A main research goal in various studies is to use an observational data set and provide a new set of counterfactual guidelines that can yield causal improvements. Dynamic Treatment Regimes (DTRs) are widely studied to formalize this process. However, available methods in finding optimal DTRs often rely on assumptions that are violated in real-world applications (e.g., medical decision-making or public policy), especially when (a) the existence of unobserved confounders cannot be ignored, and (b) the unobserved confounders are time-varying (e.g., affected by previous actions). When such assumptions are violated, one often faces ambiguity regarding the underlying causal model that is needed to be assumed to obtain an optimal DTR. This ambiguity is inevitable, since the dynamics of unobserved confounders and their causal impact on the observed part of the data cannot be understood from the observed data. Motivated by a case study of finding superior treatment regimes for patients who underwent transplantation in our partner hospital and faced a medical condition known as New Onset Diabetes After Transplantation (NODAT), we extend DTRs to a new class termed Ambiguous Dynamic Treatment Regimes (ADTRs), in which the casual impact of treatment regimes is evaluated based on a "cloud" of potential causal models. We then connect ADTRs to Ambiguous Partially Observable Mark Decision Processes (APOMDPs) proposed by Saghafian (2018), and develop two Reinforcement Learning methods termed Direct Augmented V-Learning (DAV-Learning) and Safe Augmented V-Learning (SAV-Learning), which enable using the observed data to efficiently learn an optimal treatment regime. We establish theoretical results for these learning methods, including (weak) consistency and asymptotic normality. We further evaluate the performance of these learning methods both in our case study and in simulation experiments.
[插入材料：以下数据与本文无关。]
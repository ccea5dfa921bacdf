-- ===== src/Database/Access.antt =====
-- Reading and writing (RaspberryPi/Window_Controller/write_read.cpp, lines 29 to 341). Messages that are
-- printed are left out.
use smart_window.Common.{
  ℕ, Bool, true, false, not, ◌&&◌, ◌==◌, if◌then◌else◌, Option, none, some, Bytes, List, [], ◌∷◌,
}
use smart_window.Common.Int.{ℤ, pos}
use smart_window.Common.Outcome.{M, pure, undefined, ◌>>=◌, ◌>>◌}
use smart_window.Messages.{Pointer}
use smart_window.Database.Queries.{max_id_query, value_query, insert_query, atoi}

-- A result: its rows, and the cells of each.
abbrev pub Rows : Type 0
Rows = List (List Pointer)

-- The client library on one handle; `W` is all that it reads and changes, the server's tables included.
-- `mysql_real_connect` tells whether it connected, `mysql_store_result` gives no rows on an error.
pub record MySql (W : Type 0) : Type 0 where
  pub mysql_init : M W (Unit {0})
  pub mysql_real_connect : M W Bool
  pub mysql_errno : M W ℕ
  pub mysql_select_db : Bytes → M W ℕ
  pub mysql_real_query : Bytes → M W (Unit {0})
  pub mysql_store_result : M W (Option Rows)
  pub mysql_close : M W (Unit {0})

-- `double` with the conversions that the code uses.
pub record Floats : Type 1 where
  pub Double : Type 0
  pub zero_double : Double
  pub atof : Bytes → Double
  pub is_nonzero : Double → Bool

-- The two loops over the rows and cells of a result: the last cell, or none, where the variable keeps
-- no value.
unfoldable pub last_of : List Pointer → Option Pointer → Option Pointer
last_of [] kept = kept
last_of (cell ∷ cells) kept = last_of cells (some cell)

unfoldable pub last_cell : Rows → Option Pointer → Option Pointer
unfolding last_of
last_cell [] kept = kept
last_cell (row ∷ rows) kept = last_cell rows (last_of row kept)

-- A value that has to be there: otherwise the program reads a null or an uninitialised pointer.
abbrev pub need : {W A : Type 0} → Option A → M W A
need none = undefined
need (some a) = pure a

module _ {W : Type 0} (lib : MySql W) where
  open lib use {
    mysql_init, mysql_real_connect, mysql_errno, mysql_select_db, mysql_real_query,
    mysql_store_result, mysql_close,
  }

  unfoldable pub check_error : M W Bool
  check_error = do code ← mysql_errno; pure (not (code == 0))

  -- A connection that fails is reported and then used all the same.
  unfoldable pub connect : M W (Unit {0})
  connect = do mysql_init; error ← check_error; connected ← mysql_real_connect; pure tt

  unfoldable pub close_session : M W (Unit {0})
  close_session = mysql_close

  -- A query, and the last cell of its result; nothing if an error is seen and `checked`.
  unfoldable pub ask : Bool → Bytes → M W (Option Pointer)
  unfolding last_cell
  ask checked text = do
    mysql_real_query text
    result ← mysql_store_result
    error ← check_error
    if error && checked
        then pure none
        else (do rows ← need result; cell ← need (last_cell rows none); pure (some cell))

  -- What the three reading functions share: the value of the row with the highest id, or nothing if an
  -- error is seen. Such a return leaves the session open. `double` tells whether the error of connecting
  -- is looked at, and that of the second query is not.
  unfoldable pub find_latest : Bool → Bytes → Bytes → M W (Option Bytes)
  unfolding ask
  find_latest double db table = do
    connect
    error ← check_error
    if error && double then pure none else (do
      selected ← mysql_select_db db
      if not (selected == 0) then pure none else (do
        first ← need (max_id_query table)
        found ← ask true first
        elim found [
          | none ↦ pure none
          | some cell ↦ do
            max_id ← need cell
            second ← need (value_query table max_id)
            found' ← ask (not double) second
            elim found' [
              | none ↦ pure none
              | some cell' ↦ do close_session; value ← need cell'; pure (some value)
            ]
        ]))

  -- The value and `*succeeded`.
  unfoldable pub get_latest_value_int : Bytes → Bytes → M W (ℤ × Bool)
  get_latest_value_int db table = do
    found ← find_latest false db table
    elim found [
      | none ↦ pure (pos 0, false)
      | some value ↦ do v ← need (atoi value); pure (v, true)
    ]

  unfoldable pub write_in_db : Bytes → Bytes → Bytes → M W Bool
  write_in_db db table value = do
    connect
    error ← check_error
    selected ← mysql_select_db db
    if not (selected == 0) then pure false else (do
      text ← need (insert_query table value)
      mysql_real_query text
      error' ← check_error
      close_session
      pure (not error'))

  module _ (floats : Floats) where
    open floats use {Double, zero_double, atof, is_nonzero}

    unfoldable pub get_latest_value_bool : Bytes → Bytes → M W (Bool × Bool)
    get_latest_value_bool db table = do
      found ← find_latest false db table
      elim found [ none ↦ pure (false, false) | some value ↦ pure (is_nonzero (atof value), true) ]

    unfoldable pub get_latest_value_double : Bytes → Bytes → M W (Double × Bool)
    get_latest_value_double db table = do
      found ← find_latest true db table
      elim found [ none ↦ pure (zero_double, false) | some value ↦ pure (atof value, true) ]
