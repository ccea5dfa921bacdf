-- ===== src/Controller/Reads.antt =====
-- The reads of `decisionLoop` from the database (RaspberryPi/Window_Controller/main_controller.cpp, lines
-- 371 to 420), and a round in which they fail.
pub mod Latest
pub mod Showing
pub mod Deciding
use smart_window.Common.{
  ◌≡◌, ◌∙◌, refl, Bool, false, none, some, Bytes, codes, List, [], ◌∷◌, arith,
}
use smart_window.Common.Int.{ℤ, pos, to_int, half_ℤ, ◌+ℤ◌, ◌-ℤ◌}
use smart_window.Common.Outcome.{M, pure, ◌>>=◌}
use smart_window.Controller.Readings.{Readings, read_readings}
use smart_window.Controller.Alarms.{
  derive, average, update_alarms, update_range, update_temp, update_humid, update_vol,
}
use smart_window.Controller.Round.{Controller, Effect, round}
use smart_window.Database.Access.{
  MySql, Floats, find_latest, get_latest_value_bool, get_latest_value_int,
}

-- What is reported in `read_success` is not looked at.
unfoldable pub unreported : {W A : Type 0} → M W (A × Bool) → M W A
unreported m = do (a, succeeded) ← m; pure a

unfoldable pub read_database : {W : Type 0} → MySql W → Floats → M W Readings
unfolding read_readings
read_database lib floats =
    read_readings
      (λ table. unreported (get_latest_value_bool lib floats (codes "SmartWindow") table))
      (λ table. unreported (get_latest_value_int lib (codes "SmartWindow") table))

-- Manual mode with no request, the window closed, and each number zero.
abbrev pub nothing_read : Readings
nothing_read = record {
  auto_mode = false;
  man_close = false;
  man_open = false;
  win_open = false;
  air_p_in = pos 0;
  air_p_out = pos 0;
  air_p_max = pos 0;
  air_q_in = pos 0;
  air_q_out = pos 0;
  air_q_max = pos 0;
  humid_in = pos 0;
  humid_out = pos 0;
  humid_min = pos 0;
  humid_max = pos 0;
  temp_in = pos 0;
  temp_out = pos 0;
  temp_min = pos 0;
  temp_max = pos 0;
  vol_in = pos 0;
  vol_out = pos 0;
  vol_max = pos 0;
  priority = pos 0;
}

-- The tables that a round reads, in order.
abbrev pub tables : List Bytes
tables =
    codes "AutoModus"
    ∷ codes "ManClose"
    ∷ codes "ManOpen"
    ∷ codes "Win_Open"
    ∷ codes "AirPressure_IN"
    ∷ codes "AirPressure_OUT"
    ∷ codes "AirPressure_MAX"
    ∷ codes "AirQuality_IN"
    ∷ codes "AirQuality_OUT"
    ∷ codes "AirQuality_MAX"
    ∷ codes "Humidity_IN"
    ∷ codes "Humidity_OUT"
    ∷ codes "Humidity_MIN"
    ∷ codes "Humidity_MAX"
    ∷ codes "Temp_IN"
    ∷ codes "Temp_OUT"
    ∷ codes "Temp_MIN"
    ∷ codes "Temp_MAX"
    ∷ codes "Volume_IN"
    ∷ codes "Volume_OUT"
    ∷ codes "Volume_MAX"
    ∷ codes "Priority"
    ∷ []

module _ {W : Type 0} (after : Bytes → W → W) where
  -- The world after the reads of the given tables.
  pub after_all : List Bytes → W → W
  after_all [] w = w
  after_all (t ∷ ts) w = after_all ts (after t w)

  pub after_all-keeps :
      {A : Type 0} (trace : W → A)
      → ((table : Bytes) (w : W) → trace (after table w) ≡ trace w)
      → (ts : List Bytes) (w : W) → trace (after_all ts w) ≡ trace w
  unfolding after_all
  after_all-keeps trace h [] w = refl
  after_all-keeps trace h (t ∷ ts) w = after_all-keeps trace h ts (after t w) ∙ h t w

  read_readings-zero :
      (get_bool : Bytes → M W Bool) (get_int : Bytes → M W ℤ) (w : W)
      → ((table : Bytes) (w : W) → get_bool table w ≡ some (false, after table w))
      → ((table : Bytes) (w : W) → get_int table w ≡ some (pos 0, after table w))
      → read_readings get_bool get_int w ≡ some (nothing_read, after_all tables w)
  unfolding read_readings after_all
  read_readings-zero get_bool get_int w hb hi =
      λ i. read_readings (λ t x. hb t x i) (λ t x. hi t x i) w

pub nothing_kept :
    (c : Controller)
    → (c' : Controller) × (es : List Effect) × (round nothing_read c ≡ some (c', es))
      × (c'.alarms.temp_alarm ≡ c.alarms.temp_alarm)
      × (c'.alarms.humid_alarm ≡ c.alarms.humid_alarm)
      × (c'.alarms.vol_alarm ≡ c.alarms.vol_alarm)
unfolding round derive average to_int half_ℤ ◌+ℤ◌ ◌-ℤ◌ update_alarms update_range update_temp
    update_humid update_vol
nothing_kept c = (_, _, refl, refl, refl, refl)

module _ {W : Type 0} (lib : MySql W) (floats : Floats) (after : Bytes → W → W)
    (fails : (table : Bytes) (w : W)
      → find_latest lib false (codes "SmartWindow") table w ≡ some (none, after table w)) where
  bool_fails :
      (table : Bytes) (w : W)
      → unreported (get_latest_value_bool lib floats (codes "SmartWindow") table) w
        ≡ some (false, after table w)
  unfolding unreported get_latest_value_bool
  bool_fails table w = ground (arith, fails table w)

  int_fails :
      (table : Bytes) (w : W)
      → unreported (get_latest_value_int lib (codes "SmartWindow") table) w
        ≡ some (pos 0, after table w)
  unfolding unreported get_latest_value_int
  int_fails table w = ground (arith, fails table w)

  pub read_database-fails :
      (w : W) → read_database lib floats w ≡ some (nothing_read, after_all after tables w)
  unfolding read_database
  read_database-fails w = read_readings-zero after _ _ w bool_fails int_fails

  -- Where each read fails without a fault, a round takes every truth value for false and every number
  -- for zero; a round with these values succeeds, and keeps the alarms of the temperature, the humidity
  -- and the noise as they were.
  outage_round :
      (w : W) (c : Controller)
      → (read_database lib floats w ≡ some (nothing_read, after_all after tables w))
        × (c' : Controller) × (es : List Effect) × (round nothing_read c ≡ some (c', es))
        × (c'.alarms.temp_alarm ≡ c.alarms.temp_alarm)
        × (c'.alarms.humid_alarm ≡ c.alarms.humid_alarm)
        × (c'.alarms.vol_alarm ≡ c.alarms.vol_alarm)
  outage_round w c =
      let (c', es, e, t, h, v) = nothing_kept c in (read_database-fails w, c', es, e, t, h, v)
翻译：各种研究的一项主要研究目标是使用观察数据集,并提供一套新的反事实准则,以产生因果关系的改善。动态治疗制度(DTRs)被广泛研究,以便正式确定这一进程。然而,找到最佳DTRs的现有方法往往依赖于在现实应用(如医疗决策或公共政策)中被违反的假设,特别是当(a) 存在未观察到的困惑者是无法忽视的,以及(b) 未观测的困惑者是时间变化的(例如,受先前行动影响)。当这些假设被违反时,人们往往在为获得最佳DTR(D)所必须假定的基本因果模式上面临模糊不清。但这种模糊性是不可避免的,因为从观察的数据中无法理解未观测到的混淆者的动态及其对观察到的数据部分的因果关系影响。我们通过一项案例研究找到在伙伴医院接受移植的病人的高级治疗制度,并面临被称为“移植后新糖尿病评估”的医学条件(NOSTATT),我们把DTRS-Oralder-Oral 治疗方法扩展为“Aright-ral-Ial-Ialal AS AS dealal maisal disal ” 一种“我们现在的正常处理方法,我们通过对正常的正常的学习过程进行这种评估的正常的正常评估,我们进行这种评估的正常的正常的正常的学习的学习制度,我们既能学的学习。